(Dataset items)
■ ■ ■

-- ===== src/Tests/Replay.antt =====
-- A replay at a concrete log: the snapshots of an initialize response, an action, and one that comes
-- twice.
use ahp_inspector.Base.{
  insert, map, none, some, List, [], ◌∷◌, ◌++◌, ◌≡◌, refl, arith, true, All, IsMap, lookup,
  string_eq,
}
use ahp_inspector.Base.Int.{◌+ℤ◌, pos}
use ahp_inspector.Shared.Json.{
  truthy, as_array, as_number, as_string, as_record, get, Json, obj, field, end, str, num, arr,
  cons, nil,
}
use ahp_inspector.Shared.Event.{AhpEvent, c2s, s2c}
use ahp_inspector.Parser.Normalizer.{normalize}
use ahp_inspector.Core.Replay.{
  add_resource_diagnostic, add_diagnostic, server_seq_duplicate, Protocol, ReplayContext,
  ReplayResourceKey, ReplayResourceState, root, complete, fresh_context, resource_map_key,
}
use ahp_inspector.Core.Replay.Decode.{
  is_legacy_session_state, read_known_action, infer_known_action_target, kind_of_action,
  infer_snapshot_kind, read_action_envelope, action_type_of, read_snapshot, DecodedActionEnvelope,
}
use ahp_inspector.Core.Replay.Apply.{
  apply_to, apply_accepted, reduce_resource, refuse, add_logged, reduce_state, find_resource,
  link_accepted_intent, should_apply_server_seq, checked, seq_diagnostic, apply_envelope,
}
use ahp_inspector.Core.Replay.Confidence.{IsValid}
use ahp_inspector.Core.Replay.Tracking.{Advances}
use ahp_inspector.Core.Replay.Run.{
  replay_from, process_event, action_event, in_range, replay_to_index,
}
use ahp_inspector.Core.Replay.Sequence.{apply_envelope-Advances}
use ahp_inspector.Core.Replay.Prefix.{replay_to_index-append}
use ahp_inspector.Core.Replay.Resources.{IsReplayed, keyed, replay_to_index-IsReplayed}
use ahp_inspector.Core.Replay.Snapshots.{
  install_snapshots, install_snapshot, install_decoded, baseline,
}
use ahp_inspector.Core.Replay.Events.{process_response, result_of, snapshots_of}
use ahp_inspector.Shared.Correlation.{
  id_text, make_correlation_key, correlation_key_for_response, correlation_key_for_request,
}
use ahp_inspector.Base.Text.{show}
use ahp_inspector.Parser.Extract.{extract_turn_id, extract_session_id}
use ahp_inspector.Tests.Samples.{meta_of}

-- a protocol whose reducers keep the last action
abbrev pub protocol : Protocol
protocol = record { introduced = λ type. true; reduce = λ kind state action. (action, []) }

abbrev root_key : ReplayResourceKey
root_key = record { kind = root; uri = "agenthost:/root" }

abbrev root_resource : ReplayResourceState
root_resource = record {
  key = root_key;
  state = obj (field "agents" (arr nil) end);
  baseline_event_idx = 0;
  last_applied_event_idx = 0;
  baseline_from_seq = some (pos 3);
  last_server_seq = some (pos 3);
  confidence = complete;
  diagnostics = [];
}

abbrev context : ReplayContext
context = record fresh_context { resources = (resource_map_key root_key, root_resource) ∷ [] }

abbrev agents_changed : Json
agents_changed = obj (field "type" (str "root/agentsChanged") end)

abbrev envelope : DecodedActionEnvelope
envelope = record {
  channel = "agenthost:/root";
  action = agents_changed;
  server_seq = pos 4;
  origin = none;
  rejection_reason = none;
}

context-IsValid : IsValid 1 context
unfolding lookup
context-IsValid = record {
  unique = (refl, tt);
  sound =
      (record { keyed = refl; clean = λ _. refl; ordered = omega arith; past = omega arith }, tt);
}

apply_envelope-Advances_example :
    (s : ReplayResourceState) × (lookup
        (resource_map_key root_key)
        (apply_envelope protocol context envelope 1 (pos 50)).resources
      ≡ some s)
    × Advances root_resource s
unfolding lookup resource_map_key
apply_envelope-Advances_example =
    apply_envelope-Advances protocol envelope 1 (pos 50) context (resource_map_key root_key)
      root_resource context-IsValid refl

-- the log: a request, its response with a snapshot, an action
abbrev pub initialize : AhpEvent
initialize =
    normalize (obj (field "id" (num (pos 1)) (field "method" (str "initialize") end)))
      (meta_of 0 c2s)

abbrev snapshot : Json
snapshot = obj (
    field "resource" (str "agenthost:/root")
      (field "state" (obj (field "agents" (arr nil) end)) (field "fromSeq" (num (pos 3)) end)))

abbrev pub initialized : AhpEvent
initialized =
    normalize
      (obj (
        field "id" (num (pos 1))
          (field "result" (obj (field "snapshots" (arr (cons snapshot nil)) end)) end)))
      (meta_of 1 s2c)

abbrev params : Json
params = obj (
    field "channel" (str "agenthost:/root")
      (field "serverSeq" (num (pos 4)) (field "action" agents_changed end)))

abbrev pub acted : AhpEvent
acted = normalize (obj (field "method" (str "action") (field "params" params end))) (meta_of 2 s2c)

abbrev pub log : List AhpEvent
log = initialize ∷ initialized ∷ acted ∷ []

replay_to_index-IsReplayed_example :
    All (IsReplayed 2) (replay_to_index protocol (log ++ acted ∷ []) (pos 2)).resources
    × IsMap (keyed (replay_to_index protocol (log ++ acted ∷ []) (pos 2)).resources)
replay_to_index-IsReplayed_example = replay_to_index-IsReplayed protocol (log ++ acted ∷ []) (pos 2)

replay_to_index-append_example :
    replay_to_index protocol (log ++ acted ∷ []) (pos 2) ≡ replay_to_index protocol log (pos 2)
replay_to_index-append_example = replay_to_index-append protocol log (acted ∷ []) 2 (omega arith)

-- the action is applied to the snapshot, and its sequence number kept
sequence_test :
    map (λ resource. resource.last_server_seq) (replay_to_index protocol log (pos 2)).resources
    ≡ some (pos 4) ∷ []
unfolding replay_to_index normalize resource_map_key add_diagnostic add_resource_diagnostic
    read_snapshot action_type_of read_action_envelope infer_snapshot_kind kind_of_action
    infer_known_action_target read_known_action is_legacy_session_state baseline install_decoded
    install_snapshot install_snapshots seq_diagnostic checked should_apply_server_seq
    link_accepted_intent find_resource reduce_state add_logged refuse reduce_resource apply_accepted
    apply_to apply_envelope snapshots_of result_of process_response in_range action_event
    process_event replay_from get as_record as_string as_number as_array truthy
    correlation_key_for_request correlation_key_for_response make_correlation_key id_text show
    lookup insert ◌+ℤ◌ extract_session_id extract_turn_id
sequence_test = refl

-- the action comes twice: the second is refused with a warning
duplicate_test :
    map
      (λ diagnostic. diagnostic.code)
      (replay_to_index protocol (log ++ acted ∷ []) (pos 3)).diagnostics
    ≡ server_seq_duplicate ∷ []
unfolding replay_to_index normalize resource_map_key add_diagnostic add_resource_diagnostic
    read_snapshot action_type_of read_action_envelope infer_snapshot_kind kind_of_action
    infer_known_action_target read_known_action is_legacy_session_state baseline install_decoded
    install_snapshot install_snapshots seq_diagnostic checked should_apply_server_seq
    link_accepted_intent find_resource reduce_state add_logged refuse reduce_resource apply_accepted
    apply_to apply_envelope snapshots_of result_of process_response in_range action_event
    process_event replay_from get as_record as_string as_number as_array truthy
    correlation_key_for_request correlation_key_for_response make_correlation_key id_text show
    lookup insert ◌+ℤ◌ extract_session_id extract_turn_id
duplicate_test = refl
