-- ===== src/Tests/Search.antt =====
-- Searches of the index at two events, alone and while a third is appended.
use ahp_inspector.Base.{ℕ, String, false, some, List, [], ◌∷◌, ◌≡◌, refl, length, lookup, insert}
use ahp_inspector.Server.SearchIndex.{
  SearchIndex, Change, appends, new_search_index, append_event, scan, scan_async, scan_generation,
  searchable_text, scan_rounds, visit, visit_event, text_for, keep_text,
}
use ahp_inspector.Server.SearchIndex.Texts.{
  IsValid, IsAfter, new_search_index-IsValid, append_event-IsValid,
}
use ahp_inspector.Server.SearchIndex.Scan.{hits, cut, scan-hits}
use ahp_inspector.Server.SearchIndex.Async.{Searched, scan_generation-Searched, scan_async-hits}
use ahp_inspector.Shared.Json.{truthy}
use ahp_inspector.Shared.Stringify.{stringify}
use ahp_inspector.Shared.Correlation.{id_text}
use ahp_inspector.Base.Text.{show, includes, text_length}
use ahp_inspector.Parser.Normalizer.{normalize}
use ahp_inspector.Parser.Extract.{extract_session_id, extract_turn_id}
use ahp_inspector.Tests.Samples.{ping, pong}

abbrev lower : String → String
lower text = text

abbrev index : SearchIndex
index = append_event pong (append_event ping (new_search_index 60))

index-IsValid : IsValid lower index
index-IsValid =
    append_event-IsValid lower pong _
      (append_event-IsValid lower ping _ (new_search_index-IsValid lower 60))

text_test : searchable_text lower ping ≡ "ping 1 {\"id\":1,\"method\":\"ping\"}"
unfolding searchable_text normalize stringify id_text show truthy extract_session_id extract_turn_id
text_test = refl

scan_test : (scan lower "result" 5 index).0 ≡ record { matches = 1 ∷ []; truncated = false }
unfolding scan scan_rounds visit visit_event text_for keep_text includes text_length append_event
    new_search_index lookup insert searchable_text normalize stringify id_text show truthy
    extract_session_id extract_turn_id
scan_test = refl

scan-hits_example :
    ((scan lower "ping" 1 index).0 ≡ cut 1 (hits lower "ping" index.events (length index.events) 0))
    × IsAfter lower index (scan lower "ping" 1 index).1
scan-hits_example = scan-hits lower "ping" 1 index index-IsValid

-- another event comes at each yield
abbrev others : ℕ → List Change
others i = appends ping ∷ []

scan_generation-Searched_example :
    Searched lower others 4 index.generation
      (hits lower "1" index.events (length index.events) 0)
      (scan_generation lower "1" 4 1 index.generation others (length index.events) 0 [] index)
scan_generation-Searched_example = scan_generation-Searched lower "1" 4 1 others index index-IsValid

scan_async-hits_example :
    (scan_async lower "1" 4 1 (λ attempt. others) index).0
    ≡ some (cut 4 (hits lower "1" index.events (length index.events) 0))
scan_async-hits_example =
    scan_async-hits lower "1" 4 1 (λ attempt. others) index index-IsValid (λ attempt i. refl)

■ ■ ■

- _Exercise details_: For the records above, state how many lines include the string "complete", giving the number and nothing else.

- _Reply_: 2